> [Input records]
================================
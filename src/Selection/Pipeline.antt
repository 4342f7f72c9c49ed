-- ===== src/Selection/Pipeline.antt =====
-- SelectBackend of internal/selection/selector.go: the profile, the backends that pass its filters,
-- and the best of them. The label selectors are matched by k8s.io/apimachinery, a parameter.
pub mod Profile
pub mod Filter
pub mod Selected
use score_orchestrator.Base.{
  String, Bool, true, false, not, ◌&&◌, ◌||◌, Option, none, some, List, [], ◌∷◌, ◌==◌, is_empty,
  any, keep, find, if◌then◌else◌,
}
use score_orchestrator.Base.Int.{ℤ}
use score_orchestrator.Base.Dict.{Dict, lookup}
use score_orchestrator.Base.Text.{Codes, codes, contains, to_lower}
use score_orchestrator.Base.Result.{Result, ok, err, ◌>>=◌}
use score_orchestrator.Api.Workload.{Workload}
use score_orchestrator.Api.Config.{
  OrchestratorConfig, ProfileSpec, BackendSpec, SelectorSpec, Requirement, ConstraintsSpec,
  ConstraintsRef, absent, present, TemplateSpec, ResourceConstraints, match_labels,
  match_expressions, selector_profile, required_selectors, required_features, required_resources,
}
use score_orchestrator.Selection.Quantity.{validate_resource_constraints}
use score_orchestrator.Selection.Ranking
use score_orchestrator.Selection.Ranking.{SemVer}
use score_orchestrator.Selection.Features.{service_ports, validate_feature_requirements}

-- metav1.LabelSelectorAsSelector and Matches: `none` is the error of a malformed selector.
abbrev pub LabelMatcher : Type 0
LabelMatcher = Dict String → List Requirement → Dict String → Option Bool

pub data SelectError : Type 0 where
  hinted_missing : String → SelectError
  no_profile : SelectError
  profile_not_found : String → SelectError
  no_candidates : String → SelectError

pub record SelectedBackend : Type 0 where
  pub backend_id : String
  pub runtime_class : String
  pub template : TemplateSpec
  pub priority : ℤ
  pub version : String

abbrev pub names_service : ProfileSpec → Bool
names_service p =
    contains (to_lower (codes p.name)) (codes "web")
    || contains (to_lower (codes p.name)) (codes "service")

abbrev pub names_batch : ProfileSpec → Bool
names_batch p =
    contains (to_lower (codes p.name)) (codes "batch")
    || contains (to_lower (codes p.name)) (codes "job")

abbrev pub is_named : String → ProfileSpec → Bool
is_named name p = p.name == name

abbrev pub name_or_empty : Option ProfileSpec → String
name_or_empty none = ""
name_or_empty (some p) = p.name

module _ (matcher : LabelMatcher) where
  unfoldable pub selector_matches : SelectorSpec → Dict String → Bool
  selector_matches s labels = elim (matcher (match_labels s) (match_expressions s) labels) [
    | none ↦ false
    | some matched ↦ matched
  ]

  unfoldable pub backend_selectors_match : List SelectorSpec → Dict String → Bool
  backend_selectors_match selectors labels =
      if is_empty selectors then true else any (λ s. selector_matches s labels) selectors

module _ (config : OrchestratorConfig) where
  unfoldable pub derive_profile_from_workload : Workload → String
  derive_profile_from_workload w =
      if not (is_empty (service_ports w))
      then name_or_empty (find names_service config.spec.profiles)
      else name_or_empty (find names_batch config.spec.profiles)

  unfoldable pub select_profile_from_selectors :
      LabelMatcher → List SelectorSpec → Dict String → String
  select_profile_from_selectors matcher [] labels = ""
  select_profile_from_selectors matcher (s ∷ ss) labels =
      if selector_matches matcher s labels && not (selector_profile s == "")
      then selector_profile s
      else select_profile_from_selectors matcher ss labels

  -- The steps after the hint: derivation, selectors, default.
  unfoldable pub select_without_hint : LabelMatcher → Workload → Result SelectError String
  select_without_hint matcher w =
      if not (derive_profile_from_workload w == "")
      then ok (derive_profile_from_workload w)
      else if not
          (select_profile_from_selectors matcher config.spec.defaults.selectors w.labels == "")
      then ok (select_profile_from_selectors matcher config.spec.defaults.selectors w.labels)
      else if not (config.spec.defaults.profile == "")
      then ok config.spec.defaults.profile
      else err no_profile

  unfoldable pub select_profile : LabelMatcher → Workload → Result SelectError String
  select_profile matcher w = elim (lookup "score.dev/profile" w.annotations) [
    | none ↦ select_without_hint matcher w
    | some hint ↦
        if hint == ""
        then select_without_hint matcher w
        else if any (is_named hint) config.spec.profiles
        then ok hint
        else err (hinted_missing hint)
  ]

resources_fit : Workload → Option ResourceConstraints → Bool
resources_fit w none = true
resources_fit w (some limits) = validate_resource_constraints w.spec.containers limits

-- The three tests of one round of the loop of filterBackends.
unfoldable pub passes : LabelMatcher → Workload → ConstraintsRef → Bool
unfolding resources_fit
passes matcher w absent = true
passes matcher w (present c) =
    if not (backend_selectors_match matcher (required_selectors c) w.labels)
    then false
    else if not (validate_feature_requirements w (required_features c))
    then false
    else resources_fit w (required_resources c)

unfoldable pub filter_backends : LabelMatcher → Workload → List BackendSpec → List BackendSpec
filter_backends matcher w backends = keep (λ b. passes matcher w b.constraints) backends

abbrev pub selected : BackendSpec → SelectedBackend
selected b = record {
  backend_id = b.backend_id;
  runtime_class = b.runtime_class;
  template = b.template;
  priority = b.priority;
  version = b.version;
}

-- What is selected from the sorted candidates, of which there is one at least here.
best_of : String → Option BackendSpec → Result SelectError SelectedBackend
best_of name none = err (no_candidates name)
best_of name (some best) = ok (selected best)

-- The last two steps, on the profile that was found.
unfoldable pub select_from :
    SemVer
    → LabelMatcher
    → Workload
    → String
    → Option ProfileSpec
    → Result SelectError SelectedBackend
unfolding best_of
select_from semver matcher w name none = err (profile_not_found name)
select_from semver matcher w name (some profile) =
    let candidates = filter_backends matcher w profile.backends in
    if is_empty candidates
    then err (no_candidates name)
    else best_of name (Ranking.select_backend semver candidates)

unfoldable pub select_backend :
    SemVer → LabelMatcher → OrchestratorConfig → Workload → Result SelectError SelectedBackend
select_backend semver matcher config w = do
  name ← select_profile config matcher w
  select_from semver matcher w name (find (is_named name) config.spec.profiles)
================================
> [Required work] Reproduce, exactly as they stand in the data above, the lines from the one that holds "else resources_fit w" to the one that holds "selected b = record", inclusive.

> [Response to the exercise]
    else resources_fit w (required_resources c)

unfoldable pub filter_backends : LabelMatcher → Workload → List BackendSpec → List BackendSpec
filter_backends matcher w backends = keep (λ b. passes matcher w b.constraints) backends

abbrev pub selected : BackendSpec → SelectedBackend
selected b = record {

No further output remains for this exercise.